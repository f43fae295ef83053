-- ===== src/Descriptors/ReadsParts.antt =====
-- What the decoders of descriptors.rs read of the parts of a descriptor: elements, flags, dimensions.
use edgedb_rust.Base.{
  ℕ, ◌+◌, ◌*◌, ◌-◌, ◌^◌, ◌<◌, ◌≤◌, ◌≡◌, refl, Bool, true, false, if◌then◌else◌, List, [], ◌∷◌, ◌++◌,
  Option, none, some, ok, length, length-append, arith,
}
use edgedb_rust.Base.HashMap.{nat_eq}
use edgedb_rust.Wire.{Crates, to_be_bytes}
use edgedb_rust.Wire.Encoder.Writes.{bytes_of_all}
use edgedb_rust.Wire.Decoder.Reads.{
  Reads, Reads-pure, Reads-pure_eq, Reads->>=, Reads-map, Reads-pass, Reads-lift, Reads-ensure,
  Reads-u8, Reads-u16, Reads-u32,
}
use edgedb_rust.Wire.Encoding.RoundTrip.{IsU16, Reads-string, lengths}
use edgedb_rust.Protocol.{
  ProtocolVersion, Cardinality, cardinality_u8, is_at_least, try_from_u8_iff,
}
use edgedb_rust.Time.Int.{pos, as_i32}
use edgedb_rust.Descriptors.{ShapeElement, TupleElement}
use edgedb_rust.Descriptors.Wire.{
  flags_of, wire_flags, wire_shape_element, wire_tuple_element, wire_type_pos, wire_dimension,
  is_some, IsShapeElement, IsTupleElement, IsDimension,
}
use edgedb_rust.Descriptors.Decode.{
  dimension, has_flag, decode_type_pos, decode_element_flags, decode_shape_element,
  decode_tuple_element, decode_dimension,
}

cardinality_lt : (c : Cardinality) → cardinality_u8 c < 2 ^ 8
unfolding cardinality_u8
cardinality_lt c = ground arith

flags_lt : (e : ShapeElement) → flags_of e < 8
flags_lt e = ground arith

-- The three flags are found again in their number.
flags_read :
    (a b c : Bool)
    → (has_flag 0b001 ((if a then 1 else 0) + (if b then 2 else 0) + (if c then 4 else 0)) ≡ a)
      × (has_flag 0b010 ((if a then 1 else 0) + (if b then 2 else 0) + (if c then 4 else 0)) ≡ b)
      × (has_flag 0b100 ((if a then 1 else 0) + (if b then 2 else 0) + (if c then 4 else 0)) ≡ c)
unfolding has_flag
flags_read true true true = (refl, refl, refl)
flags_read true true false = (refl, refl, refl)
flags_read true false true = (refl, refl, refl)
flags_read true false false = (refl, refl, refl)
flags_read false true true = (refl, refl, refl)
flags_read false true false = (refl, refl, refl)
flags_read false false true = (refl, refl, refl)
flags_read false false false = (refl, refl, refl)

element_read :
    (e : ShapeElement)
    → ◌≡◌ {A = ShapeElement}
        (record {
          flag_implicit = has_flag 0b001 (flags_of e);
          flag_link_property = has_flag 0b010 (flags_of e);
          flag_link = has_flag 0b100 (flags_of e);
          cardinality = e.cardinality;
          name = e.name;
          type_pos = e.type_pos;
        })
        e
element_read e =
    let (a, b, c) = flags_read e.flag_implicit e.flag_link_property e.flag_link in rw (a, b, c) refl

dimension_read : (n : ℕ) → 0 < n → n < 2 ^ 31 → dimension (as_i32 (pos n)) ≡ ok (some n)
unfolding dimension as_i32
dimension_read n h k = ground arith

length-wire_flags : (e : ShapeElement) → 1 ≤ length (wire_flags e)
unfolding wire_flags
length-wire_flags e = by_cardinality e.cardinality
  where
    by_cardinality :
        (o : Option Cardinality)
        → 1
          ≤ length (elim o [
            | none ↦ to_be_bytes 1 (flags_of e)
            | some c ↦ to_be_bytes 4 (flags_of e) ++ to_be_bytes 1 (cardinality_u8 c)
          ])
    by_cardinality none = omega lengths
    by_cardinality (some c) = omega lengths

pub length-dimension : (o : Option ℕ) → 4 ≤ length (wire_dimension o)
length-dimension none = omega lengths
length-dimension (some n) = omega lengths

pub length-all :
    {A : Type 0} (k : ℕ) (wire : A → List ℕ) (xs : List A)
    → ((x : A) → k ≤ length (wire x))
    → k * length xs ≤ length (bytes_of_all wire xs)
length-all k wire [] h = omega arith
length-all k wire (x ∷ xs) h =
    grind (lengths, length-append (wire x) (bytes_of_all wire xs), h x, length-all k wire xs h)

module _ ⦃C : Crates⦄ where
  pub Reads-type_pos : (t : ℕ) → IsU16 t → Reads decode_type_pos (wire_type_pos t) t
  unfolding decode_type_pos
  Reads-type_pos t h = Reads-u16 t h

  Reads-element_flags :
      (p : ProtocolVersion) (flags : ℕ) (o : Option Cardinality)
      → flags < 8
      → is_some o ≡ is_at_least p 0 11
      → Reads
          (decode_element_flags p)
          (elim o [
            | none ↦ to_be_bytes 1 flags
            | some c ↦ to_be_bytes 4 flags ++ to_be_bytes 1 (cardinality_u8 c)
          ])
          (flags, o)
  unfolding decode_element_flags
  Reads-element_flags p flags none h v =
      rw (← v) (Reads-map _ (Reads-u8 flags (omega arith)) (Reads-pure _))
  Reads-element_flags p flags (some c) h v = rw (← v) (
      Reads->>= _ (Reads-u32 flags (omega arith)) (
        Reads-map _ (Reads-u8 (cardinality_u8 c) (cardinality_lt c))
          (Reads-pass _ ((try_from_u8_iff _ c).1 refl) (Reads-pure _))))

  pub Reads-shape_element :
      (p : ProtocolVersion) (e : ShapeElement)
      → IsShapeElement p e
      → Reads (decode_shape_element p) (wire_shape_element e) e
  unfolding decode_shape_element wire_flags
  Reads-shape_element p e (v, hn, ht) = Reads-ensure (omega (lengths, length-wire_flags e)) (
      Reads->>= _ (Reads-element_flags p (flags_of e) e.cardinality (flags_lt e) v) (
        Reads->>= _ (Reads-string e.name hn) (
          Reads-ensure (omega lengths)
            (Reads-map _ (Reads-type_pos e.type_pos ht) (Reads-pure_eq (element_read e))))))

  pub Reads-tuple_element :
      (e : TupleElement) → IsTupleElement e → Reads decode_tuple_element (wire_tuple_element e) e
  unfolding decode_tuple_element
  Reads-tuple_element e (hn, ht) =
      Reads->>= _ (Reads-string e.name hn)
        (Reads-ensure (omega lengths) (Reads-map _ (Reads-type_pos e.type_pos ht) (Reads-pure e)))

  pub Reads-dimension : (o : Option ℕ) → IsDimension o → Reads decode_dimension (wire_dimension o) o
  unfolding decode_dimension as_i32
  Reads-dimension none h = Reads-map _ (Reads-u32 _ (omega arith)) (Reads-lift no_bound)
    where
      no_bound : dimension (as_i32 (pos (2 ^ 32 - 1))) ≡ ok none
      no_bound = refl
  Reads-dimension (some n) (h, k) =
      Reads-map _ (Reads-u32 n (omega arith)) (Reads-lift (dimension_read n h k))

++++++++++

Show all lines from the listing above in which "lengths" appears.

-- RESPONSE --
use edgedb_rust.Wire.Encoding.RoundTrip.{IsU16, Reads-string, lengths}
    by_cardinality none = omega lengths
    by_cardinality (some c) = omega lengths
length-dimension none = omega lengths
length-dimension (some n) = omega lengths
    grind (lengths, length-append (wire x) (bytes_of_all wire xs), h x, length-all k wire xs h)
  Reads-shape_element p e (v, hn, ht) = Reads-ensure (omega (lengths, length-wire_flags e)) (
          Reads-ensure (omega lengths)
        (Reads-ensure (omega lengths) (Reads-map _ (Reads-type_pos e.type_pos ht) (Reads-pure e)))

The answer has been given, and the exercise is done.